Material for the task:
:::
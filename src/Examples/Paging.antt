-- ===== src/Examples/Paging.antt =====
-- The ids of three documents, one of which has the score 0.
use textiplex.Prelude.{◌≡◌, refl, true, none, some, List, [], ◌∷◌, map, arith}
use textiplex.Storage.Headers.{DocumentId, raw_value_from, bytes}
use textiplex.Query.Scoring.{Score}
use textiplex.Reader.{
  query_ids, page, yield_ids, behind, positive, id_of, query_ids-eq-map, query_ids-panics,
}

abbrev ids : List DocumentId
ids =
    record { value = raw_value_from (97 ∷ []) }
    ∷ record { value = raw_value_from (98 ∷ []) }
    ∷ record { value = raw_value_from (99 ∷ []) }
    ∷ []

abbrev scores : List Score
scores =
    record { index = 2; value = 9 }
    ∷ record { index = 0; value = 4 }
    ∷ record { index = 1; value = 0 }
    ∷ []

query_ids_example :
    query_ids ids 1 true scores ≡ some (map (id_of ids) (positive (behind 1 true scores)))
query_ids_example =
    query_ids-eq-map ids 1 true scores (omega arith) (omega arith)
      (omega arith, (omega arith, (omega arith, tt)))

query_ids-panics_example : query_ids ids 4 true scores ≡ none
query_ids-panics_example = query_ids-panics ids 4 scores (omega arith) (omega arith)

second_first : query_ids ids 1 true scores ≡ some ((97 ∷ []) ∷ (99 ∷ []) ∷ [])
unfolding query_ids page yield_ids bytes raw_value_from
second_first = refl
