-- ===== src/Query/Bm25.antt =====
-- query/bm25.go and fastlog/: the weight of a term. The arithmetic of `float32` is the processor's:
-- the model takes it as a parameter, over bit patterns.
pub mod Tables
pub mod Accumulate
pub mod Reads
pub mod Dense
pub mod Reference
pub mod Raised
use textiplex.Prelude.{ℕ, ◌+◌, ◌-◌, ◌/◌, ◌%◌, ◌^◌, Bool, ltb, ◌==◌, ◌||◌, if◌then◌else◌}
use textiplex.Prelude.Int.{ℤ, pos, negsuc}
use textiplex.Storage.Headers.{Float32}

pub record Floats : Type 0 where
  pub add : Float32 → Float32 → Float32
  pub sub : Float32 → Float32 → Float32
  pub mul : Float32 → Float32 → Float32
  pub div : Float32 → Float32 → Float32
  -- `==`, which holds of both zeros
  pub equal : Float32 → Float32 → Bool
  -- The conversions `float32(n)` of unsigned and signed integers
  pub of_uint : ℕ → Float32
  pub of_int : ℤ → Float32

-- The constants of the source, as the compiler rounds them.
abbrev pub one : Float32
one = 0x3F800000

abbrev half : Float32
half = 0x3F000000

-- `int32(ex) - 127`
abbrev exponent : ℕ → ℤ
exponent ex = if ltb ex 127 then negsuc (126 - ex) else pos (ex - 127)

module _ (fl : Floats) where
  -- `fastlog.Ln`. The mantissa's bits stay, and the exponent becomes that of 1.
  unfoldable pub ln : Float32 → Float32
  ln x =
      let t = fl.of_int (exponent (x / 2 ^ 23)) in
      let m = 1065353216 + x % 2 ^ 23 in
      fl.add
        (fl.add 0xBFBF136A
          (fl.mul (fl.add 0x40073554 (fl.mul (fl.add 0xBF3AA68F (fl.mul 0x3DE0A527 m)) m)) m))
        (fl.mul 0x3F317218 t)

  unfoldable pub inverse_document_frequency : ℕ → ℕ → Float32
  unfolding ln
  inverse_document_frequency doc_count token_doc_freq =
      if ltb doc_count token_doc_freq || (doc_count == 0)
      then 0
      else ln (
          fl.add one (
            fl.div (fl.add (fl.of_uint (doc_count - token_doc_freq)) half)
              (fl.add (fl.of_uint token_doc_freq) half)))
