-- ===== src/Query/Clause.antt =====
-- query/clause.go, query/simple.go and query/searcher.go: what a query says and how a searcher is set up.
use textiplex.Prelude.{ℕ, ◌+◌, Option, List, [], ◌∷◌, ◌++◌, length}
use textiplex.Prelude.Int.{ℤ}
use textiplex.Bytes.{Bytes}
use textiplex.Storage.Headers.{Float32, Token}
use textiplex.Storage.Segment.{Field, Storage}

-- `RangeCaptureMode`: which ends of a range belong to it.
pub data RangeCaptureMode : Type 0 where
  capture_none : RangeCaptureMode
  capture_left : RangeCaptureMode
  capture_right : RangeCaptureMode
  capture_both : RangeCaptureMode

pub record Range : Type 0 where
  pub capture_mode : RangeCaptureMode
  pub boost : Float32
  pub low : Bytes
  pub high : Bytes

pub record Keyword : Type 0 where
  pub boost : Float32
  pub fuzzy : ℤ
  pub value : Bytes

pub record ClauseEntry (T : Type 0) : Type 0 where
  pub field_hash : ℕ
  pub value : T

pub record Clause : Type 0 where
  pub keywords : List Keyword
  pub field_keywords : List (ClauseEntry Keyword)
  pub field_ranges : List (ClauseEntry Range)

-- `Clause.Count`
unfoldable pub count : Clause → ℕ
count c = length c.keywords + length c.field_keywords + length c.field_ranges

-- `Clause.Keyword`
unfoldable pub add_keyword : Clause → Bytes → Float32 → ℤ → Clause
add_keyword c kw boost fuzzy = record c {
  keywords = c.keywords ++ record { boost = boost; fuzzy = fuzzy; value = kw } ∷ [];
}

-- `Clause.FieldKeyword`
unfoldable pub add_field_keyword : Clause → ℕ → Bytes → Float32 → ℤ → Clause
add_field_keyword c field kw boost fuzzy = record c {
  field_keywords =
      c.field_keywords
      ++ record { field_hash = field; value = record { boost = boost; fuzzy = fuzzy; value = kw } }
        ∷ [];
}

-- `Clause.FieldRange`
unfoldable pub add_field_range : Clause → ℕ → Bytes → Bytes → RangeCaptureMode → Float32 → Clause
add_field_range c field lo hi mode boost = record c {
  field_ranges =
      c.field_ranges
      ++ record {
        field_hash = field;
        value = record { capture_mode = mode; boost = boost; low = lo; high = hi };
      }
        ∷ [];
}

-- `ClauseState`. A nil `Field` is `none`.
pub record ClauseState : Type 0 where
  pub boost : Float32
  pub field : Option Field
  pub tokens : List Token

pub record SimpleQuery : Type 0 where
  pub shoulds : Clause
  pub musts : Clause
  pub must_nots : Clause

-- The fields of `Searcher` that choose documents.
pub record Searcher : Type 0 where
  pub storage : Storage
  pub levenshtein_m : ℤ
  pub levenshtein_max_k : ℤ
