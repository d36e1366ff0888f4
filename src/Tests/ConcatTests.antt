-- ===== src/Tests/ConcatTests.antt =====
-- Joining Buffers, and Buffers made from text.
use node_qml.Prelude.{refl, ◌≡◌, pos, [], ◌∷◌, arith}
use node_qml.Buffer.Concat.{method_concat}
use node_qml.Buffer.Concat.Copies.{AreBuffers, no_buffers, a_buffer}
use node_qml.Buffer.Concat.Joined.{Joined, AreHeld, method_concat-Joined}
use node_qml.Memory.{fault}
use node_qml.Buffer.Concat.Overruns.{method_concat_overruns}
use node_qml.Tests.Hosts.{js, int, list, buffer, machine, memory, whole, middle}

both-AreBuffers : AreBuffers js (buffer whole ∷ buffer middle ∷ []) (whole ∷ middle ∷ [])
both-AreBuffers =
    a_buffer (buffer whole) whole (buffer middle ∷ []) (middle ∷ []) refl
      (a_buffer (buffer middle) middle [] [] refl no_buffers)

both-AreHeld : AreHeld memory (whole ∷ middle ∷ [])
both-AreHeld =
    (omega arith, λ e. absurd (ground arith), (omega arith, λ e. absurd (ground arith), tt))

method_concat-Joined_example :
    Joined machine memory
      (whole ∷ middle ∷ [])
      (method_concat js machine (list (whole ∷ middle ∷ []) ∷ []) memory)
method_concat-Joined_example =
    method_concat-Joined js machine (list (whole ∷ middle ∷ [])) (buffer whole ∷ buffer middle ∷ [])
      (whole ∷ middle ∷ []) memory refl both-AreBuffers both-AreHeld (omega arith)

-- Buffer.concat([whole], 2)
method_concat_overruns_example :
    method_concat js machine (list (whole ∷ []) ∷ int (pos 2) ∷ []) memory ≡ fault
method_concat_overruns_example =
    method_concat_overruns js machine (list (whole ∷ [])) (buffer whole) (int (pos 2)) [] 1 0 whole
      memory refl refl refl (omega arith) refl refl refl (λ e. absurd (ground arith)) (omega arith)
      (omega arith)
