-- ===== src/Tests/ConstructTests.antt =====
-- What `new Buffer` shows: a text, the JSON form of a Buffer, and an object that is like an array.
use node_qml.Prelude.{
  ◌≡◌, refl, true, some, List, [], ◌∷◌, arith, map, pos, codes, text_eq, if◌then◌else◌,
}
use node_qml.Memory.{ok}
use node_qml.Host.{V4}
use node_qml.Buffer.{view, new_from_array}
use node_qml.Buffer.Construct.{construct, construct_like}
use node_qml.Buffer.Construct.Like.{construct_like-new_from_array}
use node_qml.Buffer.Construct.Content.{Holds, stored}
use node_qml.Buffer.Construct.Json.{IsJsonForm, construct-method_to_json}
use node_qml.Buffer.Show.{method_to_json}
use node_qml.Tests.Hosts
use node_qml.Tests.Hosts.{js, ascii_text, machine, memory, middle}

abbrev words : List Hosts.Js
words = Hosts.Js.string (codes "abc") ∷ Hosts.Js.string (codes "ascii") ∷ []

-- The same engine, where `undefined` stands for an object with properties, or with elements.
abbrev with_json : V4
with_json = record js {
  is_object = λ v. true;
  get = λ v name.
      if text_eq name (codes "type")
      then Hosts.Js.string (codes "Buffer")
      else Hosts.Js.array (pos 3 ∷ pos 4 ∷ pos 5 ∷ pos 6 ∷ []);
}

abbrev data_items : List Hosts.Js
data_items = map Hosts.Js.int (pos 3 ∷ pos 4 ∷ pos 5 ∷ pos 6 ∷ [])

json-IsJsonForm : IsJsonForm with_json Hosts.Js.undefined data_items
unfolding text_eq
json-IsJsonForm = record {
  no_number = refl;
  no_array = refl;
  no_buffer = refl;
  no_string = refl;
  is_object = refl;
  has_type = refl;
  has_data = refl;
}

construct-method_to_json_example :
    (method_to_json (some middle) memory ≡ ok (map js.to_int32 data_items) memory)
    × Holds machine memory
        (stored (view memory middle))
        (construct with_json machine ascii_text (Hosts.Js.undefined ∷ []) memory)
construct-method_to_json_example =
    construct-method_to_json with_json machine ascii_text middle Hosts.Js.undefined data_items []
      memory (omega arith) (omega arith, (omega arith, (omega arith, (omega arith, tt))))
      json-IsJsonForm refl

abbrev with_elements : V4
with_elements = record js { get_length = λ v. 3; get_indexed = λ v i. Hosts.Js.int (pos i) }

construct_like-new_from_array_example :
    construct_like with_elements machine ascii_text Hosts.Js.undefined memory
    ≡ new_from_array with_elements machine
        (Hosts.Js.int (pos 0) ∷ Hosts.Js.int (pos 1) ∷ Hosts.Js.int (pos 2) ∷ [])
        memory
construct_like-new_from_array_example =
    construct_like-new_from_array with_elements machine ascii_text Hosts.Js.undefined memory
:::
Description of the task:
Take the line that contains "construct_like with_elements machine" and every line after it through the end of the listing above, and repeat them exactly.

Answer section:
    construct_like with_elements machine ascii_text Hosts.Js.undefined memory
    ≡ new_from_array with_elements machine
        (Hosts.Js.int (pos 0) ∷ Hosts.Js.int (pos 1) ∷ Hosts.Js.int (pos 2) ∷ [])
        memory
construct_like-new_from_array_example =
    construct_like-new_from_array with_elements machine ascii_text Hosts.Js.undefined memory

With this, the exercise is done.